▸ **Exercise goal**
Where a line of the entries holds the string "Result", copy that line.

▸ **Supplied records**
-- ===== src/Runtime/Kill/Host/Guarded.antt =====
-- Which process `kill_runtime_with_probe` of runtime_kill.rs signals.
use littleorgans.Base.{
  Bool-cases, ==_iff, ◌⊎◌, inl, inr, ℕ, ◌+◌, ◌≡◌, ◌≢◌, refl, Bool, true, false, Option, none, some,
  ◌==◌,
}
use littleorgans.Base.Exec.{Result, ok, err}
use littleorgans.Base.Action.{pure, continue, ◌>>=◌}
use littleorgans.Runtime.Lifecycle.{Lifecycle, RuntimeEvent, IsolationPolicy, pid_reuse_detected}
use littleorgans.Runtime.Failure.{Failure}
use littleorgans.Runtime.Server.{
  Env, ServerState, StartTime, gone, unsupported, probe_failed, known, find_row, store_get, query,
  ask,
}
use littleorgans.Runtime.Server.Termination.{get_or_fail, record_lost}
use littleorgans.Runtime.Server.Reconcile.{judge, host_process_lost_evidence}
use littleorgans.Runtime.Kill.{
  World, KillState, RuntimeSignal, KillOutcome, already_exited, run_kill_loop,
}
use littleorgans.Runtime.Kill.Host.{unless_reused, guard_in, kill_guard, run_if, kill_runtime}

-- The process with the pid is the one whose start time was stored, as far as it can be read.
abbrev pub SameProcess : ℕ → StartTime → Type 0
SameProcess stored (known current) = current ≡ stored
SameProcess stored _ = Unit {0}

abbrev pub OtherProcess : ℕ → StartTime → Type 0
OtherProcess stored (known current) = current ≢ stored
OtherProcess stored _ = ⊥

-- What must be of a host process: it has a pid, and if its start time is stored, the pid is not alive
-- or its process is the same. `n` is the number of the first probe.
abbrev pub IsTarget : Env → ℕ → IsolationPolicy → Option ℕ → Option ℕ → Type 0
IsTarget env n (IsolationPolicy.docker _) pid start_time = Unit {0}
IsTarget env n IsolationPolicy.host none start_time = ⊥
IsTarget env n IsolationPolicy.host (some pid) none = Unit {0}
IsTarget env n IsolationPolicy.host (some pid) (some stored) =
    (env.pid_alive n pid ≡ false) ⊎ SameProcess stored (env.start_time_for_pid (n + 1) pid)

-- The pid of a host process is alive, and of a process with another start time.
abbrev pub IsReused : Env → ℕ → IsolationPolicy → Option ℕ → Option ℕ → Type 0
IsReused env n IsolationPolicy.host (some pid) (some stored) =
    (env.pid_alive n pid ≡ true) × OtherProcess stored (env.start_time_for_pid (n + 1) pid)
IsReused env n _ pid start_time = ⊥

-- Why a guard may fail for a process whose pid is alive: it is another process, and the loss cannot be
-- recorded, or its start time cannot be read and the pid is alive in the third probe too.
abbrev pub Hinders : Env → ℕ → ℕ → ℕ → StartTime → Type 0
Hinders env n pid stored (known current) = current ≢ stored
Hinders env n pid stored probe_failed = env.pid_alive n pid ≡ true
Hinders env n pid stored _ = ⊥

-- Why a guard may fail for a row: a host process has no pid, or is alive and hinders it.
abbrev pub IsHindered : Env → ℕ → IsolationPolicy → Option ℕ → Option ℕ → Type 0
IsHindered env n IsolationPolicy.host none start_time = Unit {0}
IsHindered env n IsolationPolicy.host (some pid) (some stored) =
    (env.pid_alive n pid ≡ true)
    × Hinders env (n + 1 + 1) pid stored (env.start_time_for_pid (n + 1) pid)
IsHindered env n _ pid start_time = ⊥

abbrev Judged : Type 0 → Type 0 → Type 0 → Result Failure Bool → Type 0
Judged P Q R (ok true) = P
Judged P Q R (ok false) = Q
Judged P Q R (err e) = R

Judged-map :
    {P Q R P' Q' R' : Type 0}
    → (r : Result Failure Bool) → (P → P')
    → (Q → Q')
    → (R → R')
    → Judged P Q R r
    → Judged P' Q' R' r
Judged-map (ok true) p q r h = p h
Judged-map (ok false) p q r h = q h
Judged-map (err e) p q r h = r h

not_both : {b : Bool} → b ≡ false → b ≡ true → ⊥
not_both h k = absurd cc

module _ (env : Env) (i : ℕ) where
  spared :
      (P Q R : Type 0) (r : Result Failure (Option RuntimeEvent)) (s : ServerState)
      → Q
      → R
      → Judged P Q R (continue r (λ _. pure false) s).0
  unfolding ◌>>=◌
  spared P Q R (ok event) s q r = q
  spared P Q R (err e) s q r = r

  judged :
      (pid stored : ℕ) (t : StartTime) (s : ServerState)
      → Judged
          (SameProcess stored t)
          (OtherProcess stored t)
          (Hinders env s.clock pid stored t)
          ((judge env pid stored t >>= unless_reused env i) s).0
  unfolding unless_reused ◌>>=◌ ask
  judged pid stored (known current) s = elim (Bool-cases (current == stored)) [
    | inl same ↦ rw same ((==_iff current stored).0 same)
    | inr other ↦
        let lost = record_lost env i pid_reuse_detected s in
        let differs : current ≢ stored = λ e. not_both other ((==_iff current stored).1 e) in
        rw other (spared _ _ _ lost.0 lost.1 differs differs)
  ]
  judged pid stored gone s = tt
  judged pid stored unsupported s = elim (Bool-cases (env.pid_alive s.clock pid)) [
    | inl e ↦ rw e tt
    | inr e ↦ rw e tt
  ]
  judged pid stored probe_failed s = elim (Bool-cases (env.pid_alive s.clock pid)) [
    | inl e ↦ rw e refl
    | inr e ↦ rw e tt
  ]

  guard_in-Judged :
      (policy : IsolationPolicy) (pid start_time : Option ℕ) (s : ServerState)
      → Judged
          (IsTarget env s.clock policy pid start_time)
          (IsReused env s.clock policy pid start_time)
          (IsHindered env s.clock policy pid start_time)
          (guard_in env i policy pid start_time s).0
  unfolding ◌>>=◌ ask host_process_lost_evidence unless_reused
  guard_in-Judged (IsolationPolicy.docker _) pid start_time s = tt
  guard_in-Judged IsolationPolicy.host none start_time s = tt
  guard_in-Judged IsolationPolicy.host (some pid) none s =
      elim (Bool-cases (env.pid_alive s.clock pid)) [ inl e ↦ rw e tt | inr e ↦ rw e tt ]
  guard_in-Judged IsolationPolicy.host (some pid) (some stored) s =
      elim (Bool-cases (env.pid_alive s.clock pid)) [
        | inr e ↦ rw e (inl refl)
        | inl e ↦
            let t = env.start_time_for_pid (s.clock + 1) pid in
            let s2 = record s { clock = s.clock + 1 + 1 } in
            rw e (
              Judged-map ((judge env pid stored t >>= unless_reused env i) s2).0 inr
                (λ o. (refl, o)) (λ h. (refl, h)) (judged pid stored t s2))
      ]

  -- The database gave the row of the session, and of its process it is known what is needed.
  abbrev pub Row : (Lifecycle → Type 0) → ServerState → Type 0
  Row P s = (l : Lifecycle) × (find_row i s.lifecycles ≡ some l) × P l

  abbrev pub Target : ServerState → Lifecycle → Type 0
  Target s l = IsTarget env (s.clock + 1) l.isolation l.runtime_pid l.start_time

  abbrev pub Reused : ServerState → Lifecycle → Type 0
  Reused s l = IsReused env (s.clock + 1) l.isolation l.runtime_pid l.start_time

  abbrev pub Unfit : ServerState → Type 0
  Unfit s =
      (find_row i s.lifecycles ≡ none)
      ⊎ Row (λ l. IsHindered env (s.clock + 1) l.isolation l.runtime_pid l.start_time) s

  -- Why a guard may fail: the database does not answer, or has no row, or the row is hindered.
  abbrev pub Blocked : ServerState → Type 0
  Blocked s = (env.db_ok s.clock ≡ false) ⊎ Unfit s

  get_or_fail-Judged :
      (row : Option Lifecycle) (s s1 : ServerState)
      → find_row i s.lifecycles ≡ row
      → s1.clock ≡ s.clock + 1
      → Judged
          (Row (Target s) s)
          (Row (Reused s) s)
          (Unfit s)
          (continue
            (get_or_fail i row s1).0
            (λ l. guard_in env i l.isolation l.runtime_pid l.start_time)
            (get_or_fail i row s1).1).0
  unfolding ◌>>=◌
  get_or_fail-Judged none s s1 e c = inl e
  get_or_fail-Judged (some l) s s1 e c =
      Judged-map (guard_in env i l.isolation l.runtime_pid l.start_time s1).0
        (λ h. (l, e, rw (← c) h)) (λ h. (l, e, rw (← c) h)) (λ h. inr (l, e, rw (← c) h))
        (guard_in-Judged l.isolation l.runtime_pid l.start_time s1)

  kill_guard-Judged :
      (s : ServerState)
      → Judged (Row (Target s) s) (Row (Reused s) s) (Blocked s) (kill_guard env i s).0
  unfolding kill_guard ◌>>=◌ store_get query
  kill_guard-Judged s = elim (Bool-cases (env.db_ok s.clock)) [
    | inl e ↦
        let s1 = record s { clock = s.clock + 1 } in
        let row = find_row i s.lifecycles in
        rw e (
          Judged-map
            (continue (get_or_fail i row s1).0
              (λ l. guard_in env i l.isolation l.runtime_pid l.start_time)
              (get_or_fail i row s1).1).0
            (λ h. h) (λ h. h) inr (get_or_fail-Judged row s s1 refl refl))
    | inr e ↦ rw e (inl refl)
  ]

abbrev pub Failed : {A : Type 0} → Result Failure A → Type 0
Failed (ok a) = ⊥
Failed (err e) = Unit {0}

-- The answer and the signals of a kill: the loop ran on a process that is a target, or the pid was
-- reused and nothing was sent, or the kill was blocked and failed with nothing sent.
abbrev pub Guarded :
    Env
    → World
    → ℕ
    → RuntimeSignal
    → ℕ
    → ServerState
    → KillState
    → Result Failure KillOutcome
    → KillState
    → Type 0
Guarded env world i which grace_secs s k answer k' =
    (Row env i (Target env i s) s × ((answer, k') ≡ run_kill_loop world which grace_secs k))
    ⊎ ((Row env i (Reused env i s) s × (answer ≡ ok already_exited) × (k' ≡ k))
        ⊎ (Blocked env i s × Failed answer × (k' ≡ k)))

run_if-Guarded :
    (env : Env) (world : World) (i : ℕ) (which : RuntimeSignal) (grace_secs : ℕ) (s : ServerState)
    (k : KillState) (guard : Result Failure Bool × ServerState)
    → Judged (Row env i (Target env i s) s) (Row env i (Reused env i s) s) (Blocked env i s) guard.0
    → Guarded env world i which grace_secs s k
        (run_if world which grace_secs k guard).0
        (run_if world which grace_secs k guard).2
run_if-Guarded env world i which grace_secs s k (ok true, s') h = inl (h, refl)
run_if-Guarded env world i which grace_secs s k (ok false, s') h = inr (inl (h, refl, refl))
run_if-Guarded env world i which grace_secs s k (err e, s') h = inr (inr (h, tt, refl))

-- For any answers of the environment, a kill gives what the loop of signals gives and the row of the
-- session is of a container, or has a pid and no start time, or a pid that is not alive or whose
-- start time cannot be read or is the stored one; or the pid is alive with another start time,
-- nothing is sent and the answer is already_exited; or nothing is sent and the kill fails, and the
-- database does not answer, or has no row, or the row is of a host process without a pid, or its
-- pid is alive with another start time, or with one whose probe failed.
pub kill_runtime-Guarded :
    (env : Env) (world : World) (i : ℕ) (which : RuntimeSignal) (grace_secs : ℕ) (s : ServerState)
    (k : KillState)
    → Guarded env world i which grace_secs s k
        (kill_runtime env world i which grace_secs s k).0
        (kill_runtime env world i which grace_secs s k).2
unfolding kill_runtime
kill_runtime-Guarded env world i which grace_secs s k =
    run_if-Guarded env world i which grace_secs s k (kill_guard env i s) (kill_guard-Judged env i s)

▸ **The completed task**
use littleorgans.Base.Exec.{Result, ok, err}
abbrev Judged : Type 0 → Type 0 → Type 0 → Result Failure Bool → Type 0
    → (r : Result Failure Bool) → (P → P')
      (P Q R : Type 0) (r : Result Failure (Option RuntimeEvent)) (s : ServerState)
abbrev pub Failed : {A : Type 0} → Result Failure A → Type 0
    → Result Failure KillOutcome
    (k : KillState) (guard : Result Failure Bool × ServerState)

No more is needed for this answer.